The “degrading” movies Margot Robbie can’t stop watching: “Parts of it make my blood boil”

If you’re watching a certain kind of film and you don’t like what you’re seeing, then conventional wisdom would suggest that you’d switch it off. Margot Robbie can’t seem to do that, though, with one of her preferred viewing experiences leaving her caught between a rock and a hard place.

It wouldn’t exactly be difficult for the three-time Academy Award winner and powerhouse producer to stop watching them, but she can’t bring herself to do it. Why? Because it’s a form of cinema that she’s always been obsessed with, even when she knows some aspects don’t hold up through a modern lens.

Robbie channelled that spirit herself in Damien Chazelle’s Babylon, the filmmaker’s wildly ambitious misfire that was declared dead on arrival at the box office, even if the lead remains adamant that one day, years from now, the ode to ‘Old Hollywood’ excess will be reappraised as a masterpiece.

The period piece is set in the late 1920s, but the star’s personal preferences hail from a couple of decades later. Some of her favourites include Katharine Hepburn, Cary Grant, and James Stewart’s The Philadelphia Story, Stanley Kubrick’s Dr Strangelove, Hal Ashby’s Harold and Maude, and Bob Fosse’s Cabaret.

Clearly, Robbie has a deep affection for both the ‘Golden Age’ and ‘New Hollywood’ eras, but one iconic figure who helped define the latter era and a transformative picture that was instrumental in ushering in the latter have left her feeling conflicted, because they’re things she loves with things she hates in them.

“I love old films, but my heart breaks when I watch Marilyn Monroe’s, because the characters she plays are so misogynistic and degrading that it’s mind-boggling that was the norm,” she told Stylist in 2018. “The same with Bonnie and Clyde; parts of it make my blood boil.”

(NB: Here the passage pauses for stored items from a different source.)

-- ===== src/Conditions/Sound.antt =====
-- What a poll has seen when it returns, and how many calls it makes.
use airgapped_ai_gateway_k8s.Base.{
  ap, ◌<◌, ℕ, zero, suc, ◌≤◌, String, Bool, true, false, List, ◌∷◌, ◌≡◌, refl, Option, none, some,
  arith, ◌⊎◌, inl, inr, Bool-cases, ◌∙◌,
}
use airgapped_ai_gateway_k8s.Base.Int.{pos, int_eq}
use airgapped_ai_gateway_k8s.Base.Outcome.{Error, verification_error, Result, ok, err}
use airgapped_ai_gateway_k8s.Base.Json.{Value, null, bool, int, real, str, arr, obj, Fields}
use airgapped_ai_gateway_k8s.Base.Exec.{◌>>=◌}
use airgapped_ai_gateway_k8s.Base.Runner.{History, Runner, plain_call, run}
use airgapped_ai_gateway_k8s.Models.{CommandResult}
use airgapped_ai_gateway_k8s.Conditions.Poll.{Loads, parse_json_object, poll_loop, poll_condition}

-- The same call `n` more times.
abbrev pub repeated : List String → ℕ → History → History
repeated command zero calls = calls
repeated command (suc n) calls = repeated command n (plain_call command ∷ calls)

module _ (loads : Loads) (runner : Runner) where
  -- The answer to the command, after these calls, is a success whose JSON object passes the checker.
  pub record Shows (command : List String) (checker : Fields → Bool) (calls : History)
      : Type 0 where
    pub result : CommandResult
    pub payload : Fields
    pub answered : runner calls (plain_call command) ≡ ok result
    pub succeeded : int_eq result.returncode (pos 0) ≡ true
    pub loaded : loads result.stdout ≡ some (obj payload)
    pub ready : checker payload ≡ true

  -- The answer is a failure, or a JSON object that does not pass the checker.
  pub data NotYet (command : List String) (checker : Fields → Bool) (calls : History) : Type 0 where
    refused :
        (result : CommandResult)
        → runner calls (plain_call command) ≡ ok result
        → int_eq result.returncode (pos 0) ≡ false
        → NotYet command checker calls
    unready :
        (result : CommandResult) (payload : Fields)
        → runner calls (plain_call command) ≡ ok result
        → int_eq result.returncode (pos 0) ≡ true
        → loads result.stdout ≡ some (obj payload)
        → checker payload ≡ false
        → NotYet command checker calls

  parse_cases :
      (raw : String)
      → ((fs : Fields) × (loads raw ≡ some (obj fs)) × (parse_json_object loads raw ≡ ok fs))
        ⊎ ((e : Error) × (parse_json_object loads raw ≡ err e))
  unfolding parse_json_object
  parse_cases raw = go (loads raw) refl
    where
      go :
          (o : Option Value)
          → loads raw ≡ o
          → ((fs : Fields) × (loads raw ≡ some (obj fs)) × (parse_json_object loads raw ≡ ok fs))
            ⊎ ((e : Error) × (parse_json_object loads raw ≡ err e))
      go none p = inr (verification_error "returned invalid JSON", rw (p, parse_json_object))
      go (some (obj fs)) p = inl (fs, p, rw (p, parse_json_object))
      go (some null) p =
          inr (verification_error "returned non-object JSON", rw (p, parse_json_object))
      go (some (bool b)) p =
          inr (verification_error "returned non-object JSON", rw (p, parse_json_object))
      go (some (int n)) p =
          inr (verification_error "returned non-object JSON", rw (p, parse_json_object))
      go (some (real x)) p =
          inr (verification_error "returned non-object JSON", rw (p, parse_json_object))
      go (some (str x)) p =
          inr (verification_error "returned non-object JSON", rw (p, parse_json_object))
      go (some (arr vs)) p =
          inr (verification_error "returned non-object JSON", rw (p, parse_json_object))

  parse_loaded :
      (raw : String) {fs : Fields} → loads raw ≡ some (obj fs) → parse_json_object loads raw ≡ ok fs
  unfolding parse_json_object
  parse_loaded raw l = rw (l, parse_json_object)

  module _ (command : List String) (checker : Fields → Bool) where
    abbrev loop : ℕ → History → Result (Unit {0}) × History
    loop = poll_loop loads (run runner) command checker

    -- One round: it ends the poll with success, goes on, or raises.
    abbrev Round : ℕ → History → Type 0
    Round attempts calls =
        (Shows command checker calls
          × (loop (suc attempts) calls ≡ (ok tt, plain_call command ∷ calls)))
        ⊎ ((loop (suc attempts) calls ≡ loop attempts (plain_call command ∷ calls))
            ⊎ ((e : Error) × (loop (suc attempts) calls ≡ (err e, plain_call command ∷ calls))))

    round : (attempts : ℕ) (calls : History) → Round attempts calls
    unfolding poll_loop run ◌>>=◌
    round attempts calls = go (runner calls (plain_call command)) refl
      where
        parsed :
            (result : CommandResult)
            → runner calls (plain_call command) ≡ ok result
            → int_eq result.returncode (pos 0) ≡ true
            → ((fs : Fields) × (loads result.stdout ≡ some (obj fs))
                × (parse_json_object loads result.stdout ≡ ok fs))
              ⊎ ((e : Error) × (parse_json_object loads result.stdout ≡ err e))
            → Round attempts calls
        parsed result p z (inl (fs, l, q)) = elim (Bool-cases (checker fs)) [
          | inl y ↦ inl (
            record {
              result = result;
              payload = fs;
              answered = p;
              succeeded = z;
              loaded = l;
              ready = y;
            },
            rw (p, z, q, y),
          )
          | inr n ↦ inr (inl (rw (p, z, q, n)))
        ]
        parsed result p z (inr (e, q)) = inr (inr (e, rw (p, z, q)))

        go :
            (answer : Result CommandResult)
            → runner calls (plain_call command) ≡ answer
            → Round attempts calls
        go (err e) p = inr (inr (e, rw p))
        go (ok result) p = elim (Bool-cases (int_eq result.returncode (pos 0))) [
          | inl z ↦ parsed result p z (parse_cases result.stdout)
          | inr n ↦ inr (inl (rw (p, n)))
        ]

    never_at_zero : (calls : History) → (loop 0 calls).0 ≡ ok tt → ⊥
    unfolding poll_loop ◌>>=◌
    never_at_zero calls h = cc

    poll_loop_sound :
        (attempts : ℕ) (calls : History)
        → (loop attempts calls).0 ≡ ok tt
        → (n : ℕ) × (suc n ≤ attempts)
          × Shows command checker (repeated command n calls)
          × ((loop attempts calls).1 ≡ repeated command (suc n) calls)
    poll_loop_sound zero calls h = absurd (never_at_zero calls h)
    poll_loop_sound (suc attempts) calls h = elim (round attempts calls) [
      | inl (seen, e) ↦ (0, omega arith, seen, ap (λ r. r.1) e)
      | inr (inl e) ↦ later e (poll_loop_sound attempts (plain_call command ∷ calls) (rw e at h))
      | inr (inr (x, e)) ↦ absurd (raised x e)
    ]
      where
        raised : (x : Error) → loop (suc attempts) calls ≡ (err x, plain_call command ∷ calls) → ⊥
        raised x e = cc

        later :
            loop (suc attempts) calls ≡ loop attempts (plain_call command ∷ calls)
            → ((n : ℕ) × (suc n ≤ attempts)
                × Shows command checker (repeated command n (plain_call command ∷ calls))
                × ((loop attempts (plain_call command ∷ calls)).1
                    ≡ repeated command (suc n) (plain_call command ∷ calls)))
            → (n : ℕ) × (suc n ≤ suc attempts)
              × Shows command checker (repeated command n calls)
              × ((loop (suc attempts) calls).1 ≡ repeated command (suc n) calls)
        later e (n, b, seen, q) = (suc n, omega arith, seen, rw e q)

    round_waits :
        (attempts : ℕ) (calls : History)
        → NotYet command checker calls
        → loop (suc attempts) calls ≡ loop attempts (plain_call command ∷ calls)
    unfolding poll_loop run ◌>>=◌
    round_waits attempts calls (refused result p z) = rw (p, z)
    round_waits attempts calls (unready result payload p z l c) =
        rw (p, z, parse_loaded result.stdout l, c)

    round_returns :
        (attempts : ℕ) (calls : History)
        → Shows command checker calls
        → loop (suc attempts) calls ≡ (ok tt, plain_call command ∷ calls)
    unfolding poll_loop run ◌>>=◌
    round_returns attempts calls s =
        rw (s.answered, s.succeeded, parse_loaded s.result.stdout s.loaded, s.ready)

    poll_loop_complete :
        (n attempts : ℕ) (calls : History)
        → ((k : ℕ) → k < n → NotYet command checker (repeated command k calls))
        → Shows command checker (repeated command n calls)
        → n < attempts
        → loop attempts calls ≡ (ok tt, repeated command (suc n) calls)
    poll_loop_complete zero zero calls h s lt = absurd (omega arith)
    poll_loop_complete (suc n) zero calls h s lt = absurd (omega arith)
    poll_loop_complete zero (suc attempts) calls h s lt = round_returns attempts calls s
    poll_loop_complete (suc n) (suc attempts) calls h s lt =
        round_waits attempts calls (h 0 (omega arith))
        ∙ poll_loop_complete n attempts (plain_call command ∷ calls)
            (λ k b. h (suc k) (omega arith)) s (omega arith)

    -- For any runner: a poll that returns has made between one and `attempts` calls, all of them
    -- the poll's own command, and the last one answered with a success whose JSON object passes the
    -- checker.
    pub poll_condition_sound :
        (attempts : ℕ) (calls : History)
        → (poll_condition loads (run runner) command checker (pos attempts) calls).0 ≡ ok tt
        → (n : ℕ) × (suc n ≤ attempts)
          × Shows command checker (repeated command n calls)
          × ((poll_condition loads (run runner) command checker (pos attempts) calls).1
              ≡ repeated command (suc n) calls)
    unfolding poll_condition ◌>>=◌
    poll_condition_sound zero calls h = absurd (raised h)
      where
        raised : (poll_condition loads (run runner) command checker (pos 0) calls).0 ≡ ok tt → ⊥
        raised e = cc
    poll_condition_sound (suc attempts) calls h = poll_loop_sound (suc attempts) calls h

    -- For any runner: if `n` calls, fewer than `attempts`, are refused or show a resource that is
    -- not ready, and the next one shows that it is ready, the poll returns after exactly these calls.
    pub poll_condition_complete :
        (n attempts : ℕ) (calls : History)
        → ((k : ℕ) → k < n → NotYet command checker (repeated command k calls))
        → Shows command checker (repeated command n calls)
        → n < attempts
        → poll_condition loads (run runner) command checker (pos attempts) calls
          ≡ (ok tt, repeated command (suc n) calls)
    unfolding poll_condition ◌>>=◌
    poll_condition_complete n zero calls h s lt = absurd (omega arith)
    poll_condition_complete n (suc attempts) calls h s lt =
        poll_loop_complete n (suc attempts) calls h s lt
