-- ===== src/Configuration.antt =====
-- src/airgap_ai_gateway/configuration.py: reading a configuration and checking it.
pub mod Expect
pub mod Parse
pub mod Validate
pub mod Repeats
pub mod Ports
pub mod Valid
pub mod Parts
pub mod Accepted
pub mod Stated
pub mod Read
pub mod Written
pub mod Roundtrip
pub mod Load
pub mod Loaded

Unfortunately, you can’t do much but write them off as ‘the way things were’. Few stars have ever been placed under as much intense scrutiny as Monroe, who spent her entire professional life trying to prove that she was more than just a pretty face, something the majority of the mainstream media didn’t give a shit about when they were happy to paint her as a bombshell and nothing more.

Arthur Penn’s Bonnie and Clyde was also a product of its time, and was treated as a breath of fresh air in the late ’60s for subverting established gender dynamics by having Faye Dunaway’s character as the strong, assertive counterpoint to Warren Beatty. It still makes Robbie’s blood boil, though, not that it’s sworn her off classic cinema.

Hollywood was hardly known as the most progressive place in the world during the ‘Golden Age’ and beyond, and as much as she adores the films, Robbie still has her issues with how the female characters are often portrayed.